The PMXT downloader is incremental. Existing local hours are skipped unless overwrite behavior is requested, so reruns fill gaps without replacing completed raw files.

Mirror a bounded Telonex window:

TELONEX_API_KEY=... make download-telonex-data TELONEX_DOWNLOAD_FLAGS='\
  --market-slug us-recession-by-end-of-2026 \
  --outcome-id 0 \
  --channels book_snapshot_full onchain_fills trades \
  --start-date 2026-01-19 \
  --end-date 2026-02-01'

Mirror Telonex for all markets:

uv run python scripts/telonex_download_data.py \
  --destination /Volumes/storage/telonex_data \
  --all-markets \
  --channels book_snapshot_full onchain_fills trades

Use --max-days for bounded smoke tests before a full mirror. The Telonex manifest records completed and empty days, so interrupted downloads can resume without repeating completed work.

Progress And Timing

Timing output is enabled by default for make backtest, uv run python main.py, and direct public runners that use @timing_harness.

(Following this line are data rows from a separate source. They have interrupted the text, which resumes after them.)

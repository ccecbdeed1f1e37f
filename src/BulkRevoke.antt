-- ===== src/BulkRevoke.antt =====
-- ui/src/pages/keys/useBulkRevoke.ts: keys are revoked one at a time. Whether the API revokes a key,
-- or with which message it refuses, is an argument.
pub mod Results
mod Tests
use wai_ai.Common.{
  ℕ, suc, ◌+◌, String, Bool, true, false, Option, none, some, List, [], ◌∷◌, ◌++◌, length,
}
use wai_ai.Keys.{ApiKey}

pub record Failure : Type 0 where
  pub key : ApiKey
  pub message : String

pub record BulkRevokeResult : Type 0 where
  pub succeeded : List ApiKey
  pub failed : List Failure

pub record Progress : Type 0 where
  pub done : ℕ
  pub total : ℕ

-- The states of the hook, and the result that the run collects.
pub record Revocation : Type 0 where
  pub running : Bool
  pub progress : Progress
  pub result : BulkRevokeResult

-- `run` before the loop.
abbrev pub begin : List ApiKey → Revocation
begin keys = record {
  running = true;
  progress = record { done = 0; total = length keys };
  result = record { succeeded = []; failed = [] };
}

-- The inner `try`: the result after an answer of the API, a message when it refuses.
unfoldable pub collect : ApiKey → Option String → BulkRevokeResult → BulkRevokeResult
collect key none r = record r { succeeded = r.succeeded ++ key ∷ [] }
collect key (some message) r = record r {
  failed = r.failed ++ record { key = key; message = message } ∷ [];
}

-- The loop, from the i-th key on.
unfoldable pub revoke_from :
    (String → Option String) → ℕ → ℕ → List ApiKey → Revocation → Revocation
unfolding collect
revoke_from revoke_one i total [] s = s
revoke_from revoke_one i total (key ∷ keys) s =
    revoke_from revoke_one (suc i) total keys (record s {
      result = collect key (revoke_one key.id) s.result;
      progress = record { done = i + 1; total = total };
    })

-- `run`
unfoldable pub run_all : (String → Option String) → List ApiKey → Revocation
unfolding revoke_from
run_all revoke_one keys = record (revoke_from revoke_one 0 (length keys) keys (begin keys)) {
  running = false;
}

The useful progress lines are plain log lines:

PMXT book progress [####--------------------] 1.0/6 hours (15.9%; started=6, done=0, active=6) prefetch: r2 raw 92.0 MiB/403.1 MiB 11.9s | +4 more
Telonex book progress [##############----------] 4.0/7 days (57.1%; started=7, done=4, active=0)

Source labels tell you what actually happened:

  • cache: PMXT filtered cache hit.
  • local raw: PMXT local raw hour was scanned.
  • r2 raw: PMXT archive hour was downloaded.
  • telonex deltas cache: materialized Telonex book replay hit.
  • telonex local: Telonex local mirror supplied the day.
  • telonex api: Telonex API/cache path supplied the day.
  • none: no configured source had the requested hour/day.

Quiet opt-outs:

BACKTEST_ENABLE_TIMING=0
BACKTEST_LOADER_PROGRESS=0
BACKTEST_LOADER_PROGRESS_LINES=0

Use the first variable to disable the repo timing harness entirely. Use the loader-specific variables only when you want timing but not loader progress.

Failure Semantics

Missing PMXT hours warn and reset book state. This is intentional: carrying incremental L2 changes across a missing full snapshot would make the replay more confident than the data supports.

Missing PMXT local files do not automatically mean failure if an archive source is configured after the local source. The archive can satisfy the replay and optionally backfill the local raw root.

Missing or empty Telonex API days fall through to the next configured source. Unreadable parquet files warn and are skipped. Empty Telonex onchain_fills fall through to Telonex trades, then Polymarket public trades.

Source failures should stay visible in normal logs. Do not hide errors or warnings that could make a backtest look more complete than the data really is.